| WORK INSTRUCTION |
In the listing below, print exactly the lines between the line holding "(f g : ℕ → ℕ) (n : ℕ)" and the line holding "(calculate_parent_ts (f n))", inclusive, and no more.
§ §
-- ===== src/PrivatizationTree/Consistent.antt =====
-- A call of `setNonMinimumTs` in src/stm/privatization_tree.h keeps each parent the minimum of its children.
use tlstm.Prelude.{
  ℕ, zero, suc, ◌+◌, ◌-◌, ◌/◌, ◌%◌, ◌^◌, ◌<◌, ◌≡◌, ◌≢◌, ◌⊎◌, inl, inr, refl, sym, ap, subst, ◌∙◌,
  arith, Bool, true, if◌then◌else◌, ==_iff, false, some, ◌==◌, ==_refl, if_cases, if_true, if_false,
  update, Bool-cases,
}
use tlstm.Common.Constants.{max_threads}
use tlstm.PrivatizationTree.{
  PrivatizationTree, get_parent_node_idx, get_sibling_node_idx, get_proxy_node_idx,
  get_root_node_idx, is_root_node_idx, calculate_parent_ts, set_proxy, set_parent, go_up,
  set_non_minimum_ts, ancestor,
}
use tlstm.PrivatizationTree.Index.{
  parent-lt, parent-sibling, sibling-sibling, parent-inner, same_parent, parent-cases, parent-apart,
  ancestor-le,
}

calculate_parent_ts_comm : (a b : ℕ) → calculate_parent_ts a b ≡ calculate_parent_ts b a
unfolding calculate_parent_ts
calculate_parent_ts_comm a b = ground arith

-- What the nodes hold at a place.
unfoldable pub AtNode : (ℕ → ℕ) → ℕ → Type 0
AtNode nodes n =
    nodes (get_parent_node_idx n) ≡ calculate_parent_ts (nodes n) (nodes (get_sibling_node_idx n))

-- Every node below the root has the minimum of itself and its sibling at its parent.
unfoldable pub Consistent : ℕ → (ℕ → ℕ) → Type 0
unfolding AtNode
Consistent root nodes = (n k : ℕ) → ancestor (suc k) n ≡ root → AtNode nodes n

-- The same but for the two children of `p`.
ConsistentBut : ℕ → ℕ → (ℕ → ℕ) → Type 0
unfolding AtNode
ConsistentBut p root nodes =
    (n k : ℕ) → ancestor (suc k) n ≡ root → get_parent_node_idx n ≢ p → AtNode nodes n

set_proxy_lem :
    (fuel n ts : ℕ) (t : PrivatizationTree)
    → set_proxy (suc fuel) n ts t
      ≡ some (record t {
        proxy_nodes =
            update t.proxy_nodes
              (get_proxy_node_idx n)
              (calculate_parent_ts ts (t.tree_nodes (get_sibling_node_idx n)));
      })
unfolding set_proxy
set_proxy_lem fuel n ts t = if_true _ _ (==_refl (t.tree_nodes (get_sibling_node_idx n)))

-- The tree after the second loop.
raised : ℕ → PrivatizationTree → PrivatizationTree
raised n t =
    let proxy_ts = t.proxy_nodes (get_proxy_node_idx n) in
    if proxy_ts == t.tree_nodes (get_parent_node_idx n)
    then t
    else record t { tree_nodes = update t.tree_nodes (get_parent_node_idx n) proxy_ts }

raised-proxy : (n : ℕ) (t : PrivatizationTree) → (raised n t).proxy_nodes ≡ t.proxy_nodes
unfolding raised
raised-proxy n t =
    if_cases (λ (u : PrivatizationTree). u.proxy_nodes ≡ t.proxy_nodes)
      (t.proxy_nodes (get_proxy_node_idx n) == t.tree_nodes (get_parent_node_idx n)) {x = t}
      {y = record t {
        tree_nodes =
            update t.tree_nodes (get_parent_node_idx n) (t.proxy_nodes (get_proxy_node_idx n));
      }}
      (λ e. refl) (λ e. refl)

set_parent_lem :
    (fuel n : ℕ) (t : PrivatizationTree)
    → set_parent (suc fuel) n t
      ≡ some
          (t.proxy_nodes (get_proxy_node_idx n) == t.tree_nodes (get_parent_node_idx n), raised n t)
unfolding set_parent raised
set_parent_lem fuel n t = if_true _ _ (
    ap (λ (p : ℕ → ℕ). t.proxy_nodes (get_proxy_node_idx n) == p (get_proxy_node_idx n))
      (raised-proxy n t)
    ∙ ==_refl (t.proxy_nodes (get_proxy_node_idx n)))

update_self : (f : ℕ → ℕ) (i a : ℕ) → update f i a i ≡ a
update_self f i a = if_true _ _ (==_refl i)

update_other : (f : ℕ → ℕ) (i a j : ℕ) → j ≢ i → update f i a j ≡ f j
update_other f i a j n = if_false {b = j == i} _ _ (ground arith)

AtNode-Same :
    (f g : ℕ → ℕ) (n : ℕ)
    → g (get_parent_node_idx n) ≡ f (get_parent_node_idx n)
    → g n ≡ f n
    → g (get_sibling_node_idx n) ≡ f (get_sibling_node_idx n)
    → AtNode f n
    → AtNode g n
unfolding AtNode
AtNode-Same f g n p s q a = rw (p, s, q) a

AtNode-sibling :
    (f : ℕ → ℕ) (m n : ℕ) → get_parent_node_idx m ≡ get_parent_node_idx n → AtNode f n → AtNode f m
unfolding AtNode
AtNode-sibling f m n e a = elim (same_parent m n e) [
  | inl s ↦ subst (λ x. AtNode f x) (sym s) a
  | inr s ↦
      subst (λ x. AtNode f x) (sym s)
        (rw (parent-sibling n, sibling-sibling n)
          (a ∙ calculate_parent_ts_comm (f n) (f (get_sibling_node_idx n))))
]

-- A parent that gets the minimum of its children leaves only its own parent in doubt.
update-ConsistentBut :
    (root n v : ℕ) (f : ℕ → ℕ)
    → n < 126
    → v ≡ calculate_parent_ts (f n) (f (get_sibling_node_idx n))
    → ConsistentBut (get_parent_node_idx n) root f
    → ConsistentBut
        (get_parent_node_idx (get_parent_node_idx n))
        root
        (update f (get_parent_node_idx n) v)
unfolding ConsistentBut AtNode
update-ConsistentBut root n v f h e c m k r q = elim (parent-cases m n) [
  | inl s ↦ AtNode-sibling (update f p v) m n s here
  | inr d ↦
      AtNode-Same f (update f p v) m (update_other f p v (get_parent_node_idx m) d)
        (update_other f p v m (λ s. q (ap get_parent_node_idx s)))
        (update_other f p v (get_sibling_node_idx m)
          (λ s. q (sym (parent-sibling m) ∙ ap get_parent_node_idx s)))
        (c m k r d)
]
  where
    p : ℕ
    p = get_parent_node_idx n

    here : AtNode (update f p v) n
    here =
        update_self f p v
        ∙ e
        ∙ sym (
            ap (λ x. calculate_parent_ts x (update f p v (get_sibling_node_idx n)))
              (update_other f p v n (λ s. parent-apart n h (inl s)))
            ∙ ap (calculate_parent_ts (f n))
                (update_other f p v (get_sibling_node_idx n) (λ s. parent-apart n h (inr s))))

module _ (fuel n : ℕ) (t : PrivatizationTree) where
  abbrev parent_ts : ℕ
  parent_ts = calculate_parent_ts (t.tree_nodes n) (t.tree_nodes (get_sibling_node_idx n))

  abbrev announced : PrivatizationTree
  announced = record t { proxy_nodes = update t.proxy_nodes (get_proxy_node_idx n) parent_ts }

  abbrev continued : PrivatizationTree
  continued = record announced {
    tree_nodes = update t.tree_nodes (get_parent_node_idx n) parent_ts;
  }

  proxy_ts : announced.proxy_nodes (get_proxy_node_idx n) ≡ parent_ts
  proxy_ts = update_self t.proxy_nodes (get_proxy_node_idx n) parent_ts

  abbrev same_ts : Bool
  same_ts =
      announced.proxy_nodes (get_proxy_node_idx n) == announced.tree_nodes (get_parent_node_idx n)

  same_ts-true : parent_ts ≡ t.tree_nodes (get_parent_node_idx n) → same_ts ≡ true
  same_ts-true e =
      (==_iff (announced.proxy_nodes (get_proxy_node_idx n))
          (announced.tree_nodes (get_parent_node_idx n))).1
        (proxy_ts ∙ e)

  same_ts-false : parent_ts ≢ t.tree_nodes (get_parent_node_idx n) → same_ts ≡ false
  same_ts-false e = elim (Bool-cases same_ts) [
    | inl b ↦ absurd (
        e (
          sym proxy_ts
          ∙ (==_iff (announced.proxy_nodes (get_proxy_node_idx n))
                (announced.tree_nodes (get_parent_node_idx n))).0
              b))
    | inr b ↦ b
  ]

  raised-same : same_ts ≡ true → raised n announced ≡ announced
  unfolding raised
  raised-same b = if_true {b = same_ts} _ _ b

  raised-other : same_ts ≡ false → raised n announced ≡ continued
  unfolding raised
  raised-other b =
      if_false {b = same_ts} _ _ b
      ∙ ap
          (λ (v : ℕ). record announced {
            tree_nodes = update t.tree_nodes (get_parent_node_idx n) v;
          })
          proxy_ts

  go_up_break :
      is_root_node_idx n t ≡ false
      → parent_ts ≡ t.tree_nodes (get_parent_node_idx n)
      → go_up (suc (suc fuel)) n t ≡ some announced
  unfolding go_up
  go_up_break r e =
      if_false _ _ r
      ∙ rw (set_proxy_lem fuel n (t.tree_nodes n) t, set_parent_lem fuel n announced)
          (if_true {b = same_ts} _ _ (same_ts-true e) ∙ ap some (raised-same (same_ts-true e)))

  go_up_continue :
      is_root_node_idx n t ≡ false
      → parent_ts ≢ t.tree_nodes (get_parent_node_idx n)
      → go_up (suc (suc fuel)) n t ≡ go_up (suc fuel) (get_parent_node_idx n) continued
  unfolding go_up
  go_up_continue r e =
      if_false _ _ r
      ∙ rw (set_proxy_lem fuel n (t.tree_nodes n) t, set_parent_lem fuel n announced)
          (if_false {b = same_ts} _ _ (same_ts-false e)
            ∙ ap (go_up (suc fuel) (get_parent_node_idx n)) (raised-other (same_ts-false e)))

-- What a call leaves as it was: the map, the counter and every leaf but the caller's own.
record Kept (t t' : PrivatizationTree) : Type 0 where
  pub map_count : t'.map_count_to_root_idx ≡ t.map_count_to_root_idx
  pub count : t'.thread_count ≡ t.thread_count
  pub leaf : (m : ℕ) → m < max_threads → t'.tree_nodes m ≡ t.tree_nodes m

Kept-trans : (t u v : PrivatizationTree) → Kept t u → Kept u v → Kept t v
Kept-trans t u v a b = record {
  map_count = b.map_count ∙ a.map_count;
  count = b.count ∙ a.count;
  leaf = λ m h. b.leaf m h ∙ a.leaf m h;
}

Kept-root : (t t' : PrivatizationTree) → Kept t t' → get_root_node_idx t' ≡ get_root_node_idx t
unfolding get_root_node_idx
Kept-root t t' k =
    ap (λ (f : ℕ → ℕ). f ((t'.thread_count + (2 ^ 32 - 1)) % 2 ^ 32)) k.map_count
    ∙ ap (λ (c : ℕ). t.map_count_to_root_idx ((c + (2 ^ 32 - 1)) % 2 ^ 32)) k.count

continued-Kept : (fuel n : ℕ) (t : PrivatizationTree) → Kept t (continued fuel n t)
unfolding get_parent_node_idx
continued-Kept fuel n t = record {
  map_count = refl;
  count = refl;
  leaf = λ m h. update_other t.tree_nodes (n / 2 + max_threads) _ m (omega arith);
}

GoesUp : ℕ → ℕ → PrivatizationTree → ℕ → Type 0
unfolding Consistent
GoesUp fuel n t root =
    (t' : PrivatizationTree) × (go_up fuel n t ≡ some t')
    × Consistent root t'.tree_nodes
    × Kept t t'

same_or_not : (a b : ℕ) → (a ≡ b) ⊎ (a ≢ b)
same_or_not a b = ground arith

below-root :
    (n m j root : ℕ)
    → n ≡ root
    → root < 127
    → ancestor (suc j) m ≡ root
    → get_parent_node_idx m ≢ get_parent_node_idx n
unfolding ancestor
below-root n m j root r b s e =
    omega (arith, ancestor-le j (get_parent_node_idx m) (rw s b), parent-lt n (rw r b))

ConsistentBut-Consistent :
    (root n : ℕ) (f : ℕ → ℕ)
    → AtNode f n
    → ConsistentBut (get_parent_node_idx n) root f
    → Consistent root f
unfolding Consistent ConsistentBut
ConsistentBut-Consistent root n f here c m k s = elim (parent-cases m n) [
  | inl e ↦ AtNode-sibling f m n e here
  | inr d ↦ c m k s d
]

is_root-true :
    (n : ℕ) (t : PrivatizationTree) → n ≡ get_root_node_idx t → is_root_node_idx n t ≡ true
unfolding is_root_node_idx
is_root-true n t e = (==_iff n (get_root_node_idx t)).1 e

is_root-false :
    (n : ℕ) (t : PrivatizationTree) → n ≢ get_root_node_idx t → is_root_node_idx n t ≡ false
unfolding is_root_node_idx
is_root-false n t d = ground arith

up_bounds : (k n root : ℕ) → ancestor (suc k) n ≡ root → root < 127 → (n < 126) × (n ≢ root)
unfolding ancestor
up_bounds k n root r b =
    let up = ancestor-le k (get_parent_node_idx n) (rw r b) in
    let whole = ancestor-le (suc k) n (rw r b) in
    let over = parent-lt n (omega (arith, r)) in (omega (arith, r), λ e. omega (arith, r))

go_up_lem :
    (k fuel n : ℕ) (t : PrivatizationTree)
    → ancestor k n ≡ get_root_node_idx t
    → get_root_node_idx t < 127
    → k < fuel
    → ConsistentBut (get_parent_node_idx n) (get_root_node_idx t) t.tree_nodes
    → GoesUp fuel n t (get_root_node_idx t)
unfolding GoesUp Consistent ConsistentBut AtNode go_up get_root_node_idx ancestor
go_up_lem k zero n t r b f c = absurd (omega arith)
go_up_lem zero (suc fuel) n t r b f c = (t, at_root, whole, kept)
  where
    kept : Kept t t
    kept = record { map_count = refl; count = refl; leaf = λ m h. refl }

    at_root : go_up (suc fuel) n t ≡ some t
    at_root = if_true {b = is_root_node_idx n t} _ _ (is_root-true n t r)

    whole : Consistent (get_root_node_idx t) t.tree_nodes
    whole m j s = c m j s (below-root n m j (get_root_node_idx t) r b s)
go_up_lem (suc k) (suc zero) n t r b f c = absurd (omega arith)
go_up_lem (suc k) (suc (suc fuel)) n t r b f c =
    elim (same_or_not (parent_ts fuel n t) (t.tree_nodes (get_parent_node_idx n))) [
      | inl e ↦ (
        announced fuel n t,
        go_up_break fuel n t not_root e,
        ConsistentBut-Consistent (get_root_node_idx t) n t.tree_nodes (sym e) c,
        record { map_count = refl; count = refl; leaf = λ m h. refl },
      )
      | inr d ↦
          let (t', runs, consistent, kept) =
            go_up_lem k (suc fuel) (get_parent_node_idx n) (continued fuel n t) r b (omega arith) (
              update-ConsistentBut (get_root_node_idx t) n (parent_ts fuel n t) t.tree_nodes low
                refl c) in
          (
            t',
            go_up_continue fuel n t not_root d ∙ runs,
            consistent,
            Kept-trans t (continued fuel n t) t' (continued-Kept fuel n t) kept,
          )
    ]
  where
    not_root : is_root_node_idx n t ≡ false
    not_root = is_root-false n t (up_bounds k n (get_root_node_idx t) r b).1

    low : n < 126
    low = (up_bounds k n (get_root_node_idx t) r b).0

-- A leaf that changes leaves only its parent in doubt.
leaf-ConsistentBut :
    (root tid ts : ℕ) (f : ℕ → ℕ)
    → tid < max_threads
    → Consistent root f
    → ConsistentBut (get_parent_node_idx tid) root (update f tid ts)
unfolding Consistent ConsistentBut
leaf-ConsistentBut root tid ts f h c m k s d =
    AtNode-Same f (update f tid ts) m (update_other f tid ts (get_parent_node_idx m) (above m))
      (update_other f tid ts m (λ e. d (ap get_parent_node_idx e)))
      (update_other f tid ts (get_sibling_node_idx m)
        (λ e. d (sym (parent-sibling m) ∙ ap get_parent_node_idx e)))
      (c m k s)
  where
    above : (m : ℕ) → get_parent_node_idx m ≢ tid
    above m e = omega (arith, parent-inner m)

-- A call of setNonMinimumTs by a thread that is `levels` below the root, with no other call at the same time,
-- returns on a consistent tree, whether it stops early or at the root; its tree is consistent, holds the new
-- timestamp at the thread's leaf and the old ones at the other leaves.
pub set_non_minimum_ts_lem :
    (levels fuel tid ts : ℕ) (t : PrivatizationTree)
    → tid < max_threads
    → ancestor levels tid ≡ get_root_node_idx t
    → get_root_node_idx t < 127
    → levels < fuel
    → Consistent (get_root_node_idx t) t.tree_nodes
    → (t' : PrivatizationTree) × (set_non_minimum_ts fuel tid ts t ≡ some t')
      × (get_root_node_idx t' ≡ get_root_node_idx t)
      × Consistent (get_root_node_idx t) t'.tree_nodes
      × ((m : ℕ) → m < max_threads → t'.tree_nodes m ≡ update t.tree_nodes tid ts m)
unfolding set_non_minimum_ts get_root_node_idx GoesUp Consistent
set_non_minimum_ts_lem levels fuel tid ts t h r b f c =
    let (t', runs, consistent, kept) =
      go_up_lem levels fuel tid (record t { tree_nodes = update t.tree_nodes tid ts }) r b f
        (leaf-ConsistentBut (get_root_node_idx t) tid ts t.tree_nodes h c) in
    (
      t',
      runs,
      Kept-root (record t { tree_nodes = update t.tree_nodes tid ts }) t' kept,
      consistent,
      kept.leaf,
    )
§ §
| EXPECTED ANSWER |
    (f g : ℕ → ℕ) (n : ℕ)
    → g (get_parent_node_idx n) ≡ f (get_parent_node_idx n)
    → g n ≡ f n
    → g (get_sibling_node_idx n) ≡ f (get_sibling_node_idx n)
    → AtNode f n
    → AtNode g n
unfolding AtNode
AtNode-Same f g n p s q a = rw (p, s, q) a

AtNode-sibling :
    (f : ℕ → ℕ) (m n : ℕ) → get_parent_node_idx m ≡ get_parent_node_idx n → AtNode f n → AtNode f m
unfolding AtNode
AtNode-sibling f m n e a = elim (same_parent m n e) [
  | inl s ↦ subst (λ x. AtNode f x) (sym s) a
  | inr s ↦
      subst (λ x. AtNode f x) (sym s)
        (rw (parent-sibling n, sibling-sibling n)
          (a ∙ calculate_parent_ts_comm (f n) (f (get_sibling_node_idx n))))
]

-- A parent that gets the minimum of its children leaves only its own parent in doubt.
update-ConsistentBut :
    (root n v : ℕ) (f : ℕ → ℕ)
    → n < 126
    → v ≡ calculate_parent_ts (f n) (f (get_sibling_node_idx n))
    → ConsistentBut (get_parent_node_idx n) root f
    → ConsistentBut
        (get_parent_node_idx (get_parent_node_idx n))
        root
        (update f (get_parent_node_idx n) v)
unfolding ConsistentBut AtNode
update-ConsistentBut root n v f h e c m k r q = elim (parent-cases m n) [
  | inl s ↦ AtNode-sibling (update f p v) m n s here
  | inr d ↦
      AtNode-Same f (update f p v) m (update_other f p v (get_parent_node_idx m) d)
        (update_other f p v m (λ s. q (ap get_parent_node_idx s)))
        (update_other f p v (get_sibling_node_idx m)
          (λ s. q (sym (parent-sibling m) ∙ ap get_parent_node_idx s)))
        (c m k r d)
]
  where
    p : ℕ
    p = get_parent_node_idx n

    here : AtNode (update f p v) n
    here =
        update_self f p v
        ∙ e
        ∙ sym (
            ap (λ x. calculate_parent_ts x (update f p v (get_sibling_node_idx n)))
              (update_other f p v n (λ s. parent-apart n h (inl s)))
            ∙ ap (calculate_parent_ts (f n))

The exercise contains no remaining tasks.